Additionally, this method can be optimized by adding an early return for cases when a key already exists in the table, saving traversal time.
HashTable.prototype.insert = function (key, value) {
let index = this.hash(key);
if (!this.buckets[index]) {
this.buckets[index] = new HashNode(key, value);
} else {
let currentNode = this.buckets[index];
while (currentNode.next) {
if (currentNode.key === key) {
currentNode.value = value; // Update existing key
return;
}
currentNode = currentNode.next;
}
currentNode.next = new HashNode(key, value); // Add new node at the end
}
};
Get Method
The get method retrieves the value associated with a given key. It hashes the key to find the correct bucket, then searches through the linked list in that bucket to locate the node with the matching key.

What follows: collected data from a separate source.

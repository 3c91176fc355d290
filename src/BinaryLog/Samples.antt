-- ===== src/BinaryLog/Samples.antt =====
-- cpp_gateway/app/workers/shared_state.hpp: the packed samples as bytes in memory, on a little-endian
-- machine.
use stm32_board.Base.{ℕ, ◌^◌, ◌<◌, List, [], ◌∷◌, ◌++◌, drop}
use stm32_board.Core.{Vec3d}
use stm32_board.Wire.{
  write_u32_le, write_i16_le, write_i32_le, write_f32_le, read_u32_le, read_i16_le, read_i32_le,
  read_f32_le,
}
use stm32_board.Wire.Layouts.{joined}
use stm32_board.Config.{EventType, beep, flag_rise, config_applied}
use stm32_board.Shared.{StateSample, MotorCommandsSample, EventSample}
use stm32_board.BinaryLog.{write_f64, read_f64}

abbrev pub IsU64 : ℕ → Type 0
IsU64 n = n < 2 ^ 64

unfoldable pub event_type_byte : EventType → ℕ
event_type_byte beep = 0
event_type_byte flag_rise = 1
event_type_byte config_applied = 2

abbrev vec3_bytes : Vec3d → List (List ℕ)
vec3_bytes v = write_f32_le v.x ∷ write_f32_le v.y ∷ write_f32_le v.z ∷ []

unfoldable pub state_sample_bytes : StateSample → List ℕ
state_sample_bytes s = joined (
    write_f64 s.ts.epoch_s
    ∷ write_f64 s.ts.mono_s
    ∷ write_u32_le s.seq
    ∷ (vec3_bytes s.st.imu.acc
        ++ (vec3_bytes s.st.imu.gyro
            ++ (vec3_bytes s.st.imu.mag
                ++ (write_f32_le s.st.ang.roll
                    ∷ write_f32_le s.st.ang.pitch
                    ∷ write_f32_le s.st.ang.yaw
                    ∷ write_i32_le s.st.enc.e1
                    ∷ write_i32_le s.st.enc.e2
                    ∷ write_i32_le s.st.enc.e3
                    ∷ write_i32_le s.st.enc.e4
                    ∷ write_f32_le s.st.battery_voltage
                    ∷ [])))))

unfoldable pub motor_sample_bytes : MotorCommandsSample → List ℕ
motor_sample_bytes a = joined (
    write_f64 a.ts.epoch_s
    ∷ write_f64 a.ts.mono_s
    ∷ write_u32_le a.seq
    ∷ write_i16_le a.motors.m1
    ∷ write_i16_le a.motors.m2
    ∷ write_i16_le a.motors.m3
    ∷ write_i16_le a.motors.m4
    ∷ [])

unfoldable pub event_sample_bytes : EventSample → List ℕ
event_sample_bytes e = joined (
    write_f64 e.ts.epoch_s
    ∷ write_f64 e.ts.mono_s
    ∷ (event_type_byte e.ev.type_ ∷ [])
    ∷ write_u32_le e.ev.seq
    ∷ (e.ev.data0 ∷ e.ev.data1 ∷ e.ev.data2 ∷ e.ev.data3 ∷ [])
    ∷ write_u32_le e.ev.aux_u32
    ∷ [])

unfoldable pub vec3_at : List ℕ → Vec3d
vec3_at bytes = record {
  x = read_f32_le bytes;
  y = read_f32_le (drop 4 bytes);
  z = read_f32_le (drop 8 bytes);
}

-- The struct that `memcpy` fills from bytes.
unfoldable pub state_sample_at : List ℕ → StateSample
unfolding vec3_at
state_sample_at bytes = record {
  ts = record { epoch_s = read_f64 bytes; mono_s = read_f64 (drop 8 bytes) };
  seq = read_u32_le (drop 16 bytes);
  st = record {
    imu = record {
      acc = vec3_at (drop 20 bytes);
      gyro = vec3_at (drop 32 bytes);
      mag = vec3_at (drop 44 bytes);
    };
    ang = record {
      roll = read_f32_le (drop 56 bytes);
      pitch = read_f32_le (drop 60 bytes);
      yaw = read_f32_le (drop 64 bytes);
    };
    enc = record {
      e1 = read_i32_le (drop 68 bytes);
      e2 = read_i32_le (drop 72 bytes);
      e3 = read_i32_le (drop 76 bytes);
      e4 = read_i32_le (drop 80 bytes);
    };
    battery_voltage = read_f32_le (drop 84 bytes);
  };
}

unfoldable pub motor_sample_at : List ℕ → MotorCommandsSample
motor_sample_at bytes = record {
  ts = record { epoch_s = read_f64 bytes; mono_s = read_f64 (drop 8 bytes) };
  seq = read_u32_le (drop 16 bytes);
  motors = record {
    m1 = read_i16_le (drop 20 bytes);
    m2 = read_i16_le (drop 22 bytes);
    m3 = read_i16_le (drop 24 bytes);
    m4 = read_i16_le (drop 26 bytes);
  };
}
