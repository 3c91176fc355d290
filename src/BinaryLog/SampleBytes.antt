-- ===== src/BinaryLog/SampleBytes.antt =====
-- The packed samples that fit their types come back from their bytes.
use stm32_board.Base.{ℕ, ◌+◌, ◌%◌, ◌^◌, ◌≡◌, refl, ap₂, ◌∙◌, List, ◌++◌, length, drop, arith}
use stm32_board.Base.Int.{ℤ, IsInt}
use stm32_board.Core.{Timestamps, IsU32, MotorsInRange}
use stm32_board.Wire.{
  shl, shr, write_u16_le, write_u32_le, write_i16_le, write_i32_le, write_f32_le,
}
use stm32_board.Wire.Words.{
  read_u32_le-write_u32_le, read_i16_le-write_i16_le, read_i32_le-write_i32_le,
  read_f32_le-write_f32_le,
}
use stm32_board.Wire.StatesLayout.{StatesInRange}
use stm32_board.Shared.{StateSample, MotorCommandsSample, EventSample}
use stm32_board.BinaryLog.{write_f64, read_f64}
use stm32_board.BinaryLog.Samples.{
  IsU64, state_sample_bytes, motor_sample_bytes, event_sample_bytes, vec3_at, state_sample_at,
  motor_sample_at,
}

pub record TimestampsInRange (ts : Timestamps) : Type 0 where
  pub epoch_s : IsU64 ts.epoch_s
  pub mono_s : IsU64 ts.mono_s

pub record StateSampleInRange (s : StateSample) : Type 0 where
  pub ts : TimestampsInRange s.ts
  pub seq : IsU32 s.seq
  pub st : StatesInRange s.st

pub record MotorSampleInRange (a : MotorCommandsSample) : Type 0 where
  pub ts : TimestampsInRange a.ts
  pub seq : IsU32 a.seq
  pub motors : MotorsInRange a.motors

pub record EventSampleInRange (e : EventSample) : Type 0 where
  pub ts : TimestampsInRange e.ts
  pub seq : IsU32 e.ev.seq
  pub aux_u32 : IsU32 e.ev.aux_u32

pub read_f64-write_f64 : (v : ℕ) (rest : List ℕ) → IsU64 v → read_f64 (write_f64 v ++ rest) ≡ v
unfolding read_f64 write_f64 write_u32_le
read_f64-write_f64 v rest h =
    ap₂ (λ a b. a + shl b 32)
      (read_u32_le-write_u32_le (v % 2 ^ 32) (write_u32_le (shr v 32) ++ rest) (omega arith))
      (read_u32_le-write_u32_le (shr v 32) rest (omega arith))
    ∙ omega arith

-- The sizes that the headers of the records carry.
pub length-state_sample_bytes : (s : StateSample) → length (state_sample_bytes s) ≡ 88
unfolding state_sample_bytes write_f64 write_u32_le write_f32_le write_i32_le
length-state_sample_bytes s = refl

pub length-motor_sample_bytes : (a : MotorCommandsSample) → length (motor_sample_bytes a) ≡ 28
unfolding motor_sample_bytes write_f64 write_u32_le write_i16_le write_u16_le
length-motor_sample_bytes a = refl

pub length-event_sample_bytes : (e : EventSample) → length (event_sample_bytes e) ≡ 29
unfolding event_sample_bytes write_f64 write_u32_le
length-event_sample_bytes e = refl

-- Copying the bytes back gives the sample.
pub motor_sample_at-bytes :
    (a : MotorCommandsSample) → MotorSampleInRange a → motor_sample_at (motor_sample_bytes a) ≡ a
unfolding motor_sample_at motor_sample_bytes write_f64 write_u32_le write_i16_le write_u16_le
motor_sample_at-bytes a r =
    let bytes = motor_sample_bytes a in
    (λ i. record {
      ts = record {
        epoch_s = read_f64-write_f64 a.ts.epoch_s (drop 8 bytes) r.ts.epoch_s i;
        mono_s = read_f64-write_f64 a.ts.mono_s (drop 16 bytes) r.ts.mono_s i;
      };
      seq = read_u32_le-write_u32_le a.seq (drop 20 bytes) r.seq i;
      motors = record {
        m1 = read_i16_le-write_i16_le a.motors.m1 (drop 22 bytes) r.motors.m1 i;
        m2 = read_i16_le-write_i16_le a.motors.m2 (drop 24 bytes) r.motors.m2 i;
        m3 = read_i16_le-write_i16_le a.motors.m3 (drop 26 bytes) r.motors.m3 i;
        m4 = read_i16_le-write_i16_le a.motors.m4 (drop 28 bytes) r.motors.m4 i;
      };
    })

pub state_sample_at-bytes :
    (s : StateSample) → StateSampleInRange s → state_sample_at (state_sample_bytes s) ≡ s
unfolding state_sample_at vec3_at state_sample_bytes write_f64 write_u32_le write_f32_le
    write_i32_le
state_sample_at-bytes s r =
    let bytes = state_sample_bytes s in
    let f32 = λ (v n : ℕ) (h : IsU32 v). read_f32_le-write_f32_le v (drop n bytes) h in
    let i32 = λ (v : ℤ) (n : ℕ) (h : IsInt 32 v). read_i32_le-write_i32_le v (drop n bytes) h in
    (λ i. record {
      ts = record {
        epoch_s = read_f64-write_f64 s.ts.epoch_s (drop 8 bytes) r.ts.epoch_s i;
        mono_s = read_f64-write_f64 s.ts.mono_s (drop 16 bytes) r.ts.mono_s i;
      };
      seq = read_u32_le-write_u32_le s.seq (drop 20 bytes) r.seq i;
      st = record {
        imu = record {
          acc = record {
            x = f32 s.st.imu.acc.x 24 r.st.acc.x i;
            y = f32 s.st.imu.acc.y 28 r.st.acc.y i;
            z = f32 s.st.imu.acc.z 32 r.st.acc.z i;
          };
          gyro = record {
            x = f32 s.st.imu.gyro.x 36 r.st.gyro.x i;
            y = f32 s.st.imu.gyro.y 40 r.st.gyro.y i;
            z = f32 s.st.imu.gyro.z 44 r.st.gyro.z i;
          };
          mag = record {
            x = f32 s.st.imu.mag.x 48 r.st.mag.x i;
            y = f32 s.st.imu.mag.y 52 r.st.mag.y i;
            z = f32 s.st.imu.mag.z 56 r.st.mag.z i;
          };
        };
        ang = record {
          roll = f32 s.st.ang.roll 60 r.st.roll i;
          pitch = f32 s.st.ang.pitch 64 r.st.pitch i;
          yaw = f32 s.st.ang.yaw 68 r.st.yaw i;
        };
        enc = record {
          e1 = i32 s.st.enc.e1 72 r.st.e1 i;
          e2 = i32 s.st.enc.e2 76 r.st.e2 i;
          e3 = i32 s.st.enc.e3 80 r.st.e3 i;
          e4 = i32 s.st.enc.e4 84 r.st.e4 i;
        };
        battery_voltage = f32 s.st.battery_voltage 88 r.st.battery_voltage i;
      };
    })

HashTable.prototype.get = function (key) {
let index = this.hash(key);
let currentNode = this.buckets[index];
while (currentNode) {
if (currentNode.key === key) {
return currentNode.value;
}
currentNode = currentNode.next;
}
return null; // Return null if key not found
};
RetrieveAll Method
The retrieveAll method is designed to collect and return all nodes stored in our hash table. Here’s how you can do it:
HashTable.prototype.retrieveAll = function () {
// Initialize an empty array to store all nodes
let allNodes = [];
// Loop through each bucket in the hash table
for (let i = 0; i < this.numBuckets; i++) {
let currentNode = this.buckets[i]; // Start with the first node in the bucket
// Traverse through each node in the linked list (if there’s a chain)
while (currentNode) {
allNodes.push(currentNode); // Add the current node to the array
currentNode = currentNode.next; // Move to the next node in the chain
}
}
// Return the array containing all nodes
return allNodes;
};
Source Code
Here’s the full JavaScript implementation of a Binary Search Tree, with methods for insertion, searching, traversal, and finding minimum and maximum values:
function HashTable(size) {
this.buckets = Array(size);
this.numBuckets = this.buckets.length;
}
function HashNode(key, value, next) {
this.key = key;
this.value = value;
this.next = next || null;
}
HashTable.prototype.hash = function (key) {
let total = 0;
for (let i = 0; i < key.length; i++) {
total += key.charCodeAt(i);
}
return total % this.numBuckets;
};
HashTable.prototype.insert = function (key, value) {
let index = this.hash(key);
if (!this.buckets[index]) {
this.buckets[index] = new HashNode(key, value);
} else {
let currentNode = this.buckets[index];
while (currentNode.next) {
if (currentNode.key === key) {
currentNode.value = value;
return;
}
currentNode = currentNode.next;
}
currentNode.next = new HashNode(key, value);
}
};
HashTable.prototype.get = function (key) {
let index = this.hash(key);
let currentNode = this.buckets[index];
while (currentNode) {
if (currentNode.key === key) {
return currentNode.value;
}
currentNode = currentNode.next;
}
return null;
};
// Example usage:
let contactsTable = new HashTable(30);
contactsTable.insert("Alice", "alice@example.com");
contactsTable.insert("Bob", "bob@example.com");
console.log(contactsTable.get("Alice")); // Output: alice@example.com
console.log(contactsTable.get("Bob")); // Output: bob@example.com
Wrap-up
Hash tables offer excellent time efficiency, but their effectiveness depends on minimizing collisions. In terms of time complexity, Hash Tables are generally efficient for most use cases:
- Average Time Complexity: The average time complexity for both insertion and lookup operations is
O(1), due to the hashing function’s direct access to buckets. - Worst-case Time Complexity: In cases where multiple keys are hashed to the same bucket, known as collisions, a chain of values is created within that bucket. In this scenario, time complexity can degrade to
O(n), wherenis the number of elements in the bucket. However, with a good hash function and enough buckets, this is rare.
Overall, Hash Tables are ideal for applications where fast lookup and insertion are required, making them widely used in real-world applications.